I watched her. She just sat and regarded me, her hands
curled patiently in her lap. “Why did Zeus put you here?” I
asked.
“Because…” Her brow knit. “Yes, it is difficult. Because I
am…” She tapped her head.
I swallowed, then spoke in a knowing whisper. “Because you
are too intelligent.”
She nodded, guessing the meaning of the new word from the
context alone. As would be expected. “Yes.”
“I’m taking a walk,” I said. I left her there so I could
react to his sickening insecurity in peace.
*
Another day, as we sat on the top of the tallest hill,
Eliza asked me, “Why do the boulders have numbers?”
Her question startled me.
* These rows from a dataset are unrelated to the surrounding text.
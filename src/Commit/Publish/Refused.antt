-- ===== src/Commit/Publish/Refused.antt =====
-- `gen_new_commit` of server/repo-op.c where it fails, and where nobody is in its way.
use mathlib.Core.Path.{subst}
use seafile_server.Base.{
  ℕ, zero, suc, ◌≡◌, refl, sym, Bool, true, false, Option, none, some, CString, if_rule, str_eq,
}
use seafile_server.Merge.{MergeEnv, MergeState, Rc, success, failure, out_of_fuel}
use seafile_server.Branch.{BranchState, branch_set_commit, test_and_update_branch}
use seafile_server.Branch.Swap.{test_and_update_branch_refuses}
use seafile_server.Commit.{Commit, Repo, Commits, get_commit}
use seafile_server.Commit.Publish.{
  World, PublishEnv, Change, Refusal, concurrent_upload, concurrent_update, Outcome, refused,
  get_repo, save_commit, saved_commit, after_merge, merge_with_head, set_branches, after_update,
  after_commit, with_current, in_repo, attempts, again, new_commit_of, start, gen_new_commit,
}

module _ (E : PublishEnv) (change : Change) where
  saved_commit-branches :
      (w : World) (c : Commit) (r : Bool × Commits)
      → (saved_commit E change w c r).0.1.branches ≡ w.branches
  saved_commit-branches w c (true, commits) = refl
  saved_commit-branches w c (false, commits) = refl

  save_commit-branches :
      (w : World) (c : Commit) → (save_commit E change w c).0.1.branches ≡ w.branches
  unfolding save_commit
  save_commit-branches w c = saved_commit-branches w c _

  after_merge-branches :
      (M : MergeEnv) (w : World) (repo : Repo) (current_head new_commit : Commit) (time : ℕ)
      (r : Rc × MergeState M)
      → (after_merge E change M w repo current_head new_commit time r).0.1.branches ≡ w.branches
  after_merge-branches M w repo current_head new_commit time (failure, s) = refl
  after_merge-branches M w repo current_head new_commit time (out_of_fuel, s) = refl
  after_merge-branches M w repo current_head new_commit time (success, s) =
      save_commit-branches (record w { objects = s.objects }) _

  merge_with_head-branches :
      (w : World) (repo : Repo) (current_head new_commit : Commit) (time : ℕ)
      → (merge_with_head E change w repo current_head new_commit time).0.1.branches ≡ w.branches
  unfolding merge_with_head
  merge_with_head-branches w repo current_head new_commit time =
      if_rule (λ (x : (Option Refusal × World) × Commit). x.0.1.branches ≡ w.branches)
        (str_eq change.base.commit_id current_head.commit_id) ((none, w), new_commit) _ refl
        (after_merge-branches _ w repo current_head new_commit time _)

  module _ (P : BranchState → Type 0)
      (others_keep : (k : ℕ) (w : World) → P w.branches → P (E.others k w).branches)
      (sleeps_keep : (k : ℕ) (w : World) → P w.branches → P (E.sleeps k w).branches)
      (why : Refusal) where
    -- A refusal leaves the branches as they are.
    abbrev Leaves : Outcome × World → Type 0
    Leaves x = x.0 ≡ refused why → P x.1.branches

    after_update-Leaves :
        (attempt : ℕ) (next : World → Outcome × World) (commit : Commit) (w : World)
        (r : Bool × BranchState)
        → (r.0 ≡ false → P r.1)
        → ((w' : World) → P w'.branches → Leaves (next w'))
        → Leaves (after_update E change attempt next commit w r)
    after_update-Leaves attempt next commit w (true, branches) now later = λ h. cc
    after_update-Leaves attempt next commit w (false, branches) now later =
        if_rule Leaves change.retry_on_conflict _
          (refused concurrent_upload, set_branches E change w branches) (later _ (now refl))
          (λ h. now refl)

    after_commit-Leaves :
        (attempt : ℕ) (next : World → Outcome × World) (repo : Repo) (current_head : Commit)
        (r : (Option Refusal × World) × Commit)
        → P r.0.1.branches
        → ((w' : World) → P w'.branches → Leaves (next w'))
        → Leaves (after_commit E change attempt next repo current_head r)
    after_commit-Leaves attempt next repo current_head ((some error, w), commit) now later =
        λ h. now
    after_commit-Leaves attempt next repo current_head ((none, w), commit) now later =
        let before = E.others attempt w in
        let branch = branch_set_commit repo.head commit.commit_id in
        after_update-Leaves attempt next commit before
          (test_and_update_branch E.is_virtual_repo (E.trans attempt) branch current_head.commit_id
            before.branches)
          (λ no_update.
            subst P
              (sym (
                test_and_update_branch_refuses E.is_virtual_repo (E.trans attempt) branch
                  current_head.commit_id before.branches no_update))
              (others_keep attempt w now))
          later

    with_current-Leaves :
        (attempt : ℕ) (next : World → Outcome × World) (repo : Repo) (new_commit : Commit)
        (w : World) (o : Option Commit)
        → P w.branches
        → ((w' : World) → P w'.branches → Leaves (next w'))
        → Leaves (with_current E change attempt next repo new_commit w o)
    with_current-Leaves attempt next repo new_commit w none now later = λ h. now
    with_current-Leaves attempt next repo new_commit w (some current_head) now later =
        after_commit-Leaves attempt next repo current_head _
          (subst P
            (sym (merge_with_head-branches w repo current_head new_commit (E.now (suc attempt))))
            now)
          later

    in_repo-Leaves :
        (next : Repo → Outcome × World) (w : World) (o : Option Repo)
        → P w.branches
        → ((repo : Repo) → Leaves (next repo))
        → Leaves (in_repo E change next w o)
    in_repo-Leaves next w none now go = λ h. now
    in_repo-Leaves next w (some repo) now go = go repo

    attempts-Leaves :
        (left attempt : ℕ) (repo_id : CString) (new_commit : Commit) (repo : Repo) (w : World)
        → P w.branches
        → Leaves (attempts E change left attempt repo_id new_commit repo w)
    unfolding attempts
    attempts-Leaves zero attempt repo_id new_commit repo w now =
        with_current-Leaves attempt (λ w'. (refused concurrent_update, w')) repo new_commit w _ now
          (λ w' held h. held)
    attempts-Leaves (suc left) attempt repo_id new_commit repo w now =
        with_current-Leaves attempt (again E change left attempt repo_id new_commit) repo new_commit
          w (get_commit w.commits repo.id repo.head.commit_id) now
          (λ w1 held.
            let held' = sleeps_keep attempt w1 held in
            in_repo-Leaves
              (λ repo'.
                attempts E change left (suc attempt) repo_id new_commit repo' (E.sleeps attempt w1))
              (E.sleeps attempt w1) (get_repo E (E.sleeps attempt w1) repo_id) held'
              (λ repo'.
                attempts-Leaves left (suc attempt) repo_id new_commit repo' (E.sleeps attempt w1)
                  held'))

    start-Leaves :
        (repo_id : CString) (repo : Repo) (r : (Option Refusal × World) × Commit)
        → P r.0.1.branches
        → Leaves (start E change repo_id repo r)
    start-Leaves repo_id repo ((some error, w), commit) now = λ h. now
    start-Leaves repo_id repo ((none, w), commit) now =
        attempts-Leaves 3 0 repo_id commit repo w now

    -- Where gen_new_commit reports an error, it has changed no branch: what holds of the
    -- branches, and is kept by what other processes do in an attempt and during a sleep, holds of
    -- them after it.
    pub gen_new_commit_refused :
        (repo_id desc : CString) (w : World)
        → P w.branches
        → (gen_new_commit E change repo_id desc w).0 ≡ refused why
        → P (gen_new_commit E change repo_id desc w).1.branches
    unfolding gen_new_commit
    gen_new_commit_refused repo_id desc w now =
        in_repo-Leaves
          (λ repo.
            start E change repo_id repo (save_commit E change w (new_commit_of E change repo desc)))
          w (get_repo E w repo_id) now
          (λ repo.
            start-Leaves repo_id repo (save_commit E change w (new_commit_of E change repo desc))
              (subst P (sym (save_commit-branches w (new_commit_of E change repo desc))) now))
We had been staring at the top of
the encircling wall for twenty minutes in silence, each
lost in our own longing for a face, almost any face, to
peer over from the other side. “Pardon?”
“I said, why do the boulders have numbers?”
“I thought I already told you.”
“If you had, why would I be asking?”
I looked away at a different part of the wall. “It’s a long
story.”
“And I don’t have the time?”
“You ask too many questions.”
“I think it’s important. Isn’t it?”
I said, “It’s part of my punishment.”
Eliza listened.
I didn’t look at her as I spoke. “I’m supposed to roll any
numbered boulder up a steep hill. This is my punishment.
From him.”
“From the god who killed you? Zeus?”
How I hated that name. “Yes.”
“And then?”
“I can be free if I get one to the top.”
“Of any hill?”
“Yes. But before I can get to the top, the boulder always
slips or I always drop it.”
She nodded. Her eyes got that far-away look as her mind
slipped beyond the great wall, or to some place within.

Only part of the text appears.